#### DATA EXTRACT
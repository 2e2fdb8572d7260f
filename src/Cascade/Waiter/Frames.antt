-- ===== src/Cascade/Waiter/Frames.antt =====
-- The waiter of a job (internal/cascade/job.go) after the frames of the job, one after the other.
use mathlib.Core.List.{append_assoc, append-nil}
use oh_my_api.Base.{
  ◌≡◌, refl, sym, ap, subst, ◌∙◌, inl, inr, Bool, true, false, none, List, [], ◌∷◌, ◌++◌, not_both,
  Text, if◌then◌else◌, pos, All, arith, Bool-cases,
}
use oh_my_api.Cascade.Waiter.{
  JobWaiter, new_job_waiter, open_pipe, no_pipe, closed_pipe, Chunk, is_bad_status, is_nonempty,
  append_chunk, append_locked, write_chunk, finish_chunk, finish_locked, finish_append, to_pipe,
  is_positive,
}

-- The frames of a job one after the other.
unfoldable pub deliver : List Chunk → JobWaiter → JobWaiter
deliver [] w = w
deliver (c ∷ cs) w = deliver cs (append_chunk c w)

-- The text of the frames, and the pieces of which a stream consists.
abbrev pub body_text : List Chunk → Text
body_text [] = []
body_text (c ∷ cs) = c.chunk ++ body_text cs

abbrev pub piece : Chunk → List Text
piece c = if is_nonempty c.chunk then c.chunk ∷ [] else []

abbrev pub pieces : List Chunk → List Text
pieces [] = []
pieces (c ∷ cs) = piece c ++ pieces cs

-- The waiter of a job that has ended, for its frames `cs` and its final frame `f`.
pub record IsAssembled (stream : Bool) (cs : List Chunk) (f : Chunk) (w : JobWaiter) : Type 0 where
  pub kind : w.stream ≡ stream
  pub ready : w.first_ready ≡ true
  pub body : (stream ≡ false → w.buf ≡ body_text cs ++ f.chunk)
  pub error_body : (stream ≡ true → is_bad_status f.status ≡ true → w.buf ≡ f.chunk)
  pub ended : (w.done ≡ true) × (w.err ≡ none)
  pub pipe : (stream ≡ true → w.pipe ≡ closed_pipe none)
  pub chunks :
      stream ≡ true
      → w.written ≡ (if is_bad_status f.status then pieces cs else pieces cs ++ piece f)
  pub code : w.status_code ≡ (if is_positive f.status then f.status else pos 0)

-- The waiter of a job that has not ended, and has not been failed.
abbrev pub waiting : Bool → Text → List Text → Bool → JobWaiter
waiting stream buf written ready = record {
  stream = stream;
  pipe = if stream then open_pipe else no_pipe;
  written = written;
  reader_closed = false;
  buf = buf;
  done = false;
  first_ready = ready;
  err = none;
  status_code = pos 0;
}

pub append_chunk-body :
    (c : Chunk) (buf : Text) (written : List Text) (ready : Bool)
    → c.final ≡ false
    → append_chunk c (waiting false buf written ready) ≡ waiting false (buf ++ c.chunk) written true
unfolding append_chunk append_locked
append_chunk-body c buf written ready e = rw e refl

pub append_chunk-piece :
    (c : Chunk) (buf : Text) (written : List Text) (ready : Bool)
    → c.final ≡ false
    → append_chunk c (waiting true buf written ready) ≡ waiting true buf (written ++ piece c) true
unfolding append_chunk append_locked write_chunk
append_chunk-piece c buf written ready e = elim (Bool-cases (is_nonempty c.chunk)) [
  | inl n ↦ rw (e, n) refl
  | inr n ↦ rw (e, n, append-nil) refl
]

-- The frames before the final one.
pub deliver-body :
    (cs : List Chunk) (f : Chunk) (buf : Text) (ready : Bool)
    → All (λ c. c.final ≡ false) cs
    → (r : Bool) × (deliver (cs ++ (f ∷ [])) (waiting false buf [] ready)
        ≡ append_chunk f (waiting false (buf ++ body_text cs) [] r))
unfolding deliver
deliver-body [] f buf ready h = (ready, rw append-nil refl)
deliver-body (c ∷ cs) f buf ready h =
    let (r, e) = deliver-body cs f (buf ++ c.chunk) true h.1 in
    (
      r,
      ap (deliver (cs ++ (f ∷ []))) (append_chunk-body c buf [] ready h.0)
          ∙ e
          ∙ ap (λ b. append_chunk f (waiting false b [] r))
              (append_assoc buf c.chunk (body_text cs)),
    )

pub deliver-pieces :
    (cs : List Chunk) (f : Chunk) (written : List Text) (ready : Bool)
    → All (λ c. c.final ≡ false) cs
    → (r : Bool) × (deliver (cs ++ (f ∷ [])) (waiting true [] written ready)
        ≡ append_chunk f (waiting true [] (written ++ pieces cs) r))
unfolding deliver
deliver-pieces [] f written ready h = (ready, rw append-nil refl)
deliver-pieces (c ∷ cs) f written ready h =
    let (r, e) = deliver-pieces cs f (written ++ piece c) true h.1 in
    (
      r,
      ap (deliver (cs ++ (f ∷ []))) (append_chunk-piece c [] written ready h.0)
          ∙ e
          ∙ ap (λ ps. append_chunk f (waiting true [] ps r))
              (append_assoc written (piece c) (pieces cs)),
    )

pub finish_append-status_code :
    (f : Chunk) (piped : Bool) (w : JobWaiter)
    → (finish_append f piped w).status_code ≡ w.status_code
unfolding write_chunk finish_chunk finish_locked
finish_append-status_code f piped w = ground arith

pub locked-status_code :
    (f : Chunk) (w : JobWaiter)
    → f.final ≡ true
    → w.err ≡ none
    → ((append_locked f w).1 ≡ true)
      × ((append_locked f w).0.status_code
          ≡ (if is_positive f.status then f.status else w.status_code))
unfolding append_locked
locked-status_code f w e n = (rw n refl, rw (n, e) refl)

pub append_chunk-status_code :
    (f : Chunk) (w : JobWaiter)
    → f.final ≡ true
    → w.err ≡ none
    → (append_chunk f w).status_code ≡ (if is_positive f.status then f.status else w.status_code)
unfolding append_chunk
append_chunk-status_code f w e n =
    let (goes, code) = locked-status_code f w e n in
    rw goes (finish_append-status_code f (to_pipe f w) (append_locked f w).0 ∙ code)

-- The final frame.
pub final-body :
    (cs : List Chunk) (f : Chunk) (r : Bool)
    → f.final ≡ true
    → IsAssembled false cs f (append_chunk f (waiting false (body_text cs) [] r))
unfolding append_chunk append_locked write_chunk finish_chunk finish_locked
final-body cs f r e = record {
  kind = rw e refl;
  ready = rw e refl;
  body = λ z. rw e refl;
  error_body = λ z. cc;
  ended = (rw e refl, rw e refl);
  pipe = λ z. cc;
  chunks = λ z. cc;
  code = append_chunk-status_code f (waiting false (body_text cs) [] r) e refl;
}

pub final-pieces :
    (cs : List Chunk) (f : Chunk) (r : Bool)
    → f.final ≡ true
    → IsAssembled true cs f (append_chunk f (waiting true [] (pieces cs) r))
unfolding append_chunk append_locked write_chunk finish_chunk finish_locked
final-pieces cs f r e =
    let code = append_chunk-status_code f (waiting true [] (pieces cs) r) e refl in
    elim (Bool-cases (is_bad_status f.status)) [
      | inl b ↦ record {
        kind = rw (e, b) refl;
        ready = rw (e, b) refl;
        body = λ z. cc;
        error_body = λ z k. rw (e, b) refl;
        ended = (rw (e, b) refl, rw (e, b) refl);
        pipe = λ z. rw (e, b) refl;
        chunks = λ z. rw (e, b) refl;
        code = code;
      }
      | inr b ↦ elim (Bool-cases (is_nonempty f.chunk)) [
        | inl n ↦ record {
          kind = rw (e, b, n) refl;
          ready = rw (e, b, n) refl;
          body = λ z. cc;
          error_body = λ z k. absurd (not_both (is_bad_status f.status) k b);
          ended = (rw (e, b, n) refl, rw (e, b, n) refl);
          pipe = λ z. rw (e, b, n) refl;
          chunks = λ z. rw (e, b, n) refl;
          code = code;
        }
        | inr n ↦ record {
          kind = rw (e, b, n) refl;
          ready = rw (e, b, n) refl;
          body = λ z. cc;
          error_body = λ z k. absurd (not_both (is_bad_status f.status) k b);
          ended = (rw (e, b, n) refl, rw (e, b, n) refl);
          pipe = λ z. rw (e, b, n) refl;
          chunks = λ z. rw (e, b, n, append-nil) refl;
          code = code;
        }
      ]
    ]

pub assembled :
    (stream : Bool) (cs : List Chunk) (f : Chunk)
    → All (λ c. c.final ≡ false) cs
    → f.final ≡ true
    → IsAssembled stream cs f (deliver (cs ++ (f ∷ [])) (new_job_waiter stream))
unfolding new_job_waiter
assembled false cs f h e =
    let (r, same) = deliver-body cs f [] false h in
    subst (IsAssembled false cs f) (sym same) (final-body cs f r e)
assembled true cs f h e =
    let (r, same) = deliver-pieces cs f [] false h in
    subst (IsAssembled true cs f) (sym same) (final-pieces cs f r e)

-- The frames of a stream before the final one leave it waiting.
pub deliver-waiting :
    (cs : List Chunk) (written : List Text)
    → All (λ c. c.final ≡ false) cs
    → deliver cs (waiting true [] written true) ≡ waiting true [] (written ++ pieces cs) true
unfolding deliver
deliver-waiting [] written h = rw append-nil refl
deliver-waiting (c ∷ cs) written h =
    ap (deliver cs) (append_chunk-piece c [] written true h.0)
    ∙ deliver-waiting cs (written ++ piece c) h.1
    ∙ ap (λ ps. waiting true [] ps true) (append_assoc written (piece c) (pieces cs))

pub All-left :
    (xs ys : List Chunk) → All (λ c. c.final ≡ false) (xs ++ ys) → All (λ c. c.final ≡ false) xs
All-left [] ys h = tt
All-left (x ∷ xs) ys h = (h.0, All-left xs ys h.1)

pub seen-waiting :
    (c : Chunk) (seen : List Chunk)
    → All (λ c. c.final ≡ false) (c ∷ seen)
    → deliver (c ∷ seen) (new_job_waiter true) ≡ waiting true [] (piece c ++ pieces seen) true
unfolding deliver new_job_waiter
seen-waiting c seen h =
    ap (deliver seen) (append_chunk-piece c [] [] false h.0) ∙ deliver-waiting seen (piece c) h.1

#### WORK ORDER
Wherever "left" occurs in the entries above, copy the line it sits on.

#### SOLUTION BELOW
pub All-left :
All-left [] ys h = tt
All-left (x ∷ xs) ys h = (h.0, All-left xs ys h.1)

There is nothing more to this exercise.